▶ BRIEF: Return each line of the listing that has the word "registers" in it.

▶ DATA PROVIDED:
-- ===== src/Controllers/Success.antt =====
-- What a `Reconcile` that returns no error has brought about, and what a deletion leaves that fails.
use awi_catalyst_sdwan_opera.Base.{
  String, ◌≡◌, ◌≢◌, refl, ◌∙◌, true, false, some, ◌⊎◌, inl, inr, arith,
}
use awi_catalyst_sdwan_opera.Exec.{
  Exec, Result, ok, err, panic, pure, continue, ◌>>◌, >>=-eq-ok, >>=-ind, at_result,
}
use awi_catalyst_sdwan_opera.Kube.{NamespacedName, Client, Util}
use awi_catalyst_sdwan_opera.Controllers.{
  add_missing_finalizer, reconcile, ReconcileResult, no_requeue,
}
use awi_catalyst_sdwan_opera.Controllers.Protocol.{View, Holds, IsStore, IsUtil, IsPeer}
use awi_catalyst_sdwan_opera.Controllers.Leaks.{add_missing_finalizer-Holds, stored_of_get}

module _ {W X I : Type 0} (view : View W X I) (client : Client W X) (util : Util X)
    (finalizer : String) (id_of : X → I) (key_of : X → NamespacedName)
    (remove request : X → Exec W (Unit {0}))
    (store : IsStore view client util finalizer id_of key_of)
    (utils : IsUtil view client util finalizer id_of key_of)
    (peer : IsPeer view client util finalizer id_of key_of remove request) (req : NamespacedName)
    (w w₁ : W) (x : X) (got : client.get req w ≡ (ok x, w₁)) where
  open view use {stored, connected}

  key_of_get : key_of x ≡ req
  key_of_get = store.stored_key w req x (store.get_ok w w₁ req x got)

  -- For an object that is not being deleted, a `Reconcile` with no error has made AWI's connection,
  -- and the stored object holds the finalizer and stands for the same connection.
  pub reconcile_live :
      (res : ReconcileResult) (v : W)
      → util.deletion_timestamp_is_zero x ≡ true
      → reconcile client util finalizer remove request req w ≡ (ok res, v)
      → (connected v (id_of x) ≡ true)
        × ((y : X) × (stored v req ≡ some y) × Holds util finalizer id_of (id_of x) y)
  unfolding reconcile
  reconcile_live res v live h =
      let registers = add_missing_finalizer client util finalizer remove request x in
      let (y, u, registered, h₁) = >>=-eq-ok registers _ w₁ (rw (got, reconcile, live) at h) in
      let (_, v', requested, h₂) = >>=-eq-ok (request y) _ u h₁ in
      let (sy, hy) =
        add_missing_finalizer-Holds view client util finalizer id_of key_of remove request store
          utils peer w₁ u x y
          (stored_of_get view client util finalizer id_of key_of remove request store utils peer w
            w₁ req x got)
          registered in
      (
        cc (peer.request_ok u v' y requested, hy.same_id, h₂),
        (
          y,
          cc (
            h₂,
            at_result (λ z. stored z req ≡ stored u req) (request y) requested
                (peer.request_stored u y req),
            sy,
            key_of_get,
          ),
          hy,
        ),
      )

  -- For an object under deletion that holds the finalizer, a `Reconcile` with no error has torn
  -- AWI's connection down, and what is still stored under the name holds the finalizer no more.
  pub reconcile_deleted :
      (res : ReconcileResult) (v : W)
      → util.deletion_timestamp_is_zero x ≡ false
      → util.contains_finalizer x finalizer ≡ true
      → reconcile client util finalizer remove request req w ≡ (ok res, v)
      → (connected v (id_of x) ≡ false)
        × ((z : X) → stored v req ≡ some z → util.contains_finalizer z finalizer ≡ false)
  unfolding reconcile
  reconcile_deleted res v deleted held h =
      let bare = util.remove_finalizer x finalizer in
      let (_, u, removed, h₁) =
        >>=-eq-ok (remove x) _ w₁ (rw (got, reconcile, deleted, held) at h) in
      let (y, v', updated, h₂) = >>=-eq-ok (client.update bare) _ u h₁ in
      (
        cc (
          peer.remove_ok w₁ u x removed,
          h₂,
          at_result (λ z. connected z (id_of x) ≡ connected u (id_of x)) (client.update bare)
              updated (store.update_connected u bare (id_of x)),
        ),
        λ z sz.
            store.update_bare u v' bare y z updated (utils.contains-remove x)
              (cc (sz, h₂, utils.key-remove x, key_of_get)),
      )

  abbrev released : Exec W ReconcileResult
  released = client.update (util.remove_finalizer x finalizer) >> pure no_requeue

  update_torn : (u : W) → connected u (id_of x) ≡ false → connected (released u).1 (id_of x) ≡ false
  update_torn u torn =
      let bare = util.remove_finalizer x finalizer in
      let updated = store.update_connected u bare (id_of x) ∙ torn in
      >>=-ind (λ z. connected z (id_of x) ≡ false) (client.update bare) _ u updated
        (λ _ z e. at_result (λ z. connected z (id_of x) ≡ false) (client.update bare) e updated)

  stored_after_remove :
      (r : Result (Unit {0})) (u : W) → remove x w₁ ≡ (r, u) → stored u req ≡ some x
  stored_after_remove r u removed =
      at_result (λ z. stored z req ≡ stored w₁ req) (remove x) removed (peer.remove_stored w₁ x req)
      ∙ at_result (λ z. stored z req ≡ stored w req) (client.get req) got
          (store.get_stored w req req)
      ∙ store.get_ok w w₁ req x got

  after_remove :
      (r₁ : Result (Unit {0})) (u : W) (r : Result ReconcileResult) (v : W)
      → remove x w₁ ≡ (r₁, u)
      → continue r₁ (λ _. released) u ≡ (r, v)
      → (connected v (id_of x) ≡ false)
        ⊎ ((stored v req ≡ some x) × ((res : ReconcileResult) → r ≢ ok res))
  after_remove (ok _) u r v removed h = inl (
      at_result (λ z. connected z (id_of x) ≡ false) released h
        (update_torn u (peer.remove_ok w₁ u x removed)))
  after_remove (err e) u r v removed h =
      let stays = stored_after_remove (err e) u removed in
      inr (cc (stays, h), λ res p. ground (arith, h, p))
  after_remove panic u r v removed h =
      let stays = stored_after_remove panic u removed in
      inr (cc (stays, h), λ res p. ground (arith, h, p))

  -- A `Reconcile` of an object under deletion that holds the finalizer, however it ends, has torn
  -- AWI's connection down, or has released nothing: the object is then stored as it was read, and the
  -- run has ended in an error or a panic.
  pub reconcile_retried :
      (r : Result ReconcileResult) (v : W)
      → util.deletion_timestamp_is_zero x ≡ false
      → util.contains_finalizer x finalizer ≡ true
      → reconcile client util finalizer remove request req w ≡ (r, v)
      → (connected v (id_of x) ≡ false)
        ⊎ ((stored v req ≡ some x) × ((res : ReconcileResult) → r ≢ ok res))
  unfolding reconcile
  reconcile_retried r v deleted held h =
      after_remove (remove x w₁).0 (remove x w₁).1 r v refl
        (rw (got, reconcile, deleted, held) at h)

▶ RESPONSE TO THIS TASK:
      let registers = add_missing_finalizer client util finalizer remove request x in
      let (y, u, registered, h₁) = >>=-eq-ok registers _ w₁ (rw (got, reconcile, live) at h) in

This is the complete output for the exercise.